(DATA PROVIDED Opens)
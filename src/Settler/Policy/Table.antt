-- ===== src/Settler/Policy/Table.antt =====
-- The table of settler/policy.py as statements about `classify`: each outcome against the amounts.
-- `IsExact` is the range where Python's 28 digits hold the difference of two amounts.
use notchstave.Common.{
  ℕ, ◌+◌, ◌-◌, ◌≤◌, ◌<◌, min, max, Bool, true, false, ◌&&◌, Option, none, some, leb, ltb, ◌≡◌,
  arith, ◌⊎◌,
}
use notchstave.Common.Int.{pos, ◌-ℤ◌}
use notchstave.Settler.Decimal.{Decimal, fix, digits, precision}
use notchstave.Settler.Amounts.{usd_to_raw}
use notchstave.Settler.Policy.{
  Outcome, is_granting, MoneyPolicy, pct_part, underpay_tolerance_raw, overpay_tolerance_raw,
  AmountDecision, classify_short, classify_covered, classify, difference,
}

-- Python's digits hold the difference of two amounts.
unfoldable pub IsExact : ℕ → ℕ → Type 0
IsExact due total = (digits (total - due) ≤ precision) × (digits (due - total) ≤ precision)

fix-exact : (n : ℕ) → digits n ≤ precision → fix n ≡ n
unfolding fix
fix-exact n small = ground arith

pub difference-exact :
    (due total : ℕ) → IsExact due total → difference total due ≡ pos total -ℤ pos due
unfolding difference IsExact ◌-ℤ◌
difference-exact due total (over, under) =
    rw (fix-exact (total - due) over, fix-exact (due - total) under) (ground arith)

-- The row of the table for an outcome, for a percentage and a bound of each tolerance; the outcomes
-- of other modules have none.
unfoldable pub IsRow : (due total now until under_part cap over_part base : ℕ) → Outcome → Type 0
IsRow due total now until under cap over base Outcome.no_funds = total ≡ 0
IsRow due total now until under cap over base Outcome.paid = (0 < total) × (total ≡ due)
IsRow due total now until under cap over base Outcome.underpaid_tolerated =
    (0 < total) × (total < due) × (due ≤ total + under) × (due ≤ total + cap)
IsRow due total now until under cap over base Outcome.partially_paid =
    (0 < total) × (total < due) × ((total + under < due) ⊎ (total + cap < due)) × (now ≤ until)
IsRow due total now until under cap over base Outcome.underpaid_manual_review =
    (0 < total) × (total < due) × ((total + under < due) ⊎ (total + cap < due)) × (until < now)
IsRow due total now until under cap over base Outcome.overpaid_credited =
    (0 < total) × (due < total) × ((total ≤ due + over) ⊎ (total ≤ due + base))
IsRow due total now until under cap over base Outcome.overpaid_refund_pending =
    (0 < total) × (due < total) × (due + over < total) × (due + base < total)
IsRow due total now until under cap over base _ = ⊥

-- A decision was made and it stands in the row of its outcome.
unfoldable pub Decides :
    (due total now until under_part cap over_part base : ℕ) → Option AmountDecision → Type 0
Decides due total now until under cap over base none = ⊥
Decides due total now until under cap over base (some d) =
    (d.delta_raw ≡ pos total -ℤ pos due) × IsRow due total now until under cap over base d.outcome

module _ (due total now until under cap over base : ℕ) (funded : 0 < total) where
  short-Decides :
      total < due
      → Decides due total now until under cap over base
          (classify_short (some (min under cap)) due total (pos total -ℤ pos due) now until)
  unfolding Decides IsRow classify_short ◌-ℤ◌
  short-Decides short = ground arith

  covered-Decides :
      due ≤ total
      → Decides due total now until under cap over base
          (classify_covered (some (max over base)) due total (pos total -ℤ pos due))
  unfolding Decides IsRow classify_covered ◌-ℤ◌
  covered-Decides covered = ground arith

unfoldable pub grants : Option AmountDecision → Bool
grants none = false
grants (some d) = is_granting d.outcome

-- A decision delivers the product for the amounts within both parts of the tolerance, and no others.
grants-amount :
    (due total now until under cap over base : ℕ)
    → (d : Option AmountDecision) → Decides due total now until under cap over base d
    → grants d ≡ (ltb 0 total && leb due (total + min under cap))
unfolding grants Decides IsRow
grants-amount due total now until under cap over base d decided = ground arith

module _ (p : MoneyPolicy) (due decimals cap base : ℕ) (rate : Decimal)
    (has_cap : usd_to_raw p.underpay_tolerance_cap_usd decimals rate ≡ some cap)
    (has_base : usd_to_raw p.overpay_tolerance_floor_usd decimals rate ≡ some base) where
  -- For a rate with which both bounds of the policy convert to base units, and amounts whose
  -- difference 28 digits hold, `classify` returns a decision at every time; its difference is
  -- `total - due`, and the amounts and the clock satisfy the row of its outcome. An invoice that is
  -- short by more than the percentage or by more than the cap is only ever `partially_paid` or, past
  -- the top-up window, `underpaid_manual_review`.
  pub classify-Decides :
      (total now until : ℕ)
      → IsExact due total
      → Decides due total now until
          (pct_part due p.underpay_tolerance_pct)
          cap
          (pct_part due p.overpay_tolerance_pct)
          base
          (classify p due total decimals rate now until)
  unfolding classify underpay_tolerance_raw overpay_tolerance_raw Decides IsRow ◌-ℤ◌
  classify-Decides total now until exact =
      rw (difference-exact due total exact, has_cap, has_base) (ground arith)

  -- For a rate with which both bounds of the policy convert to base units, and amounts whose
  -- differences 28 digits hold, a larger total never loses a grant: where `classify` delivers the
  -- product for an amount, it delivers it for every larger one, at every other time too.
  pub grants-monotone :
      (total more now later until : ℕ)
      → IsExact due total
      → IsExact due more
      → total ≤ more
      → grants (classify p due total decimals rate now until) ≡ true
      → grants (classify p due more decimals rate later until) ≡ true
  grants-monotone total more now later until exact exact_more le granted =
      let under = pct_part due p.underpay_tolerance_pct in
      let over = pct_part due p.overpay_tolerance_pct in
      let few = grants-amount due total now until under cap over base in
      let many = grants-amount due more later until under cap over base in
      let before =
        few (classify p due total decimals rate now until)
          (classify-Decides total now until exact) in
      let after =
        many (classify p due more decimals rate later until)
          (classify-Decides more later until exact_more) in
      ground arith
(DATA PROVIDED Closes)
| DESCRIPTION OF THE TASK |
Lines containing the word "Common": copy each of them from the material.

| TASK RESPONSE |
use notchstave.Common.{
use notchstave.Common.Int.{pos, ◌-ℤ◌}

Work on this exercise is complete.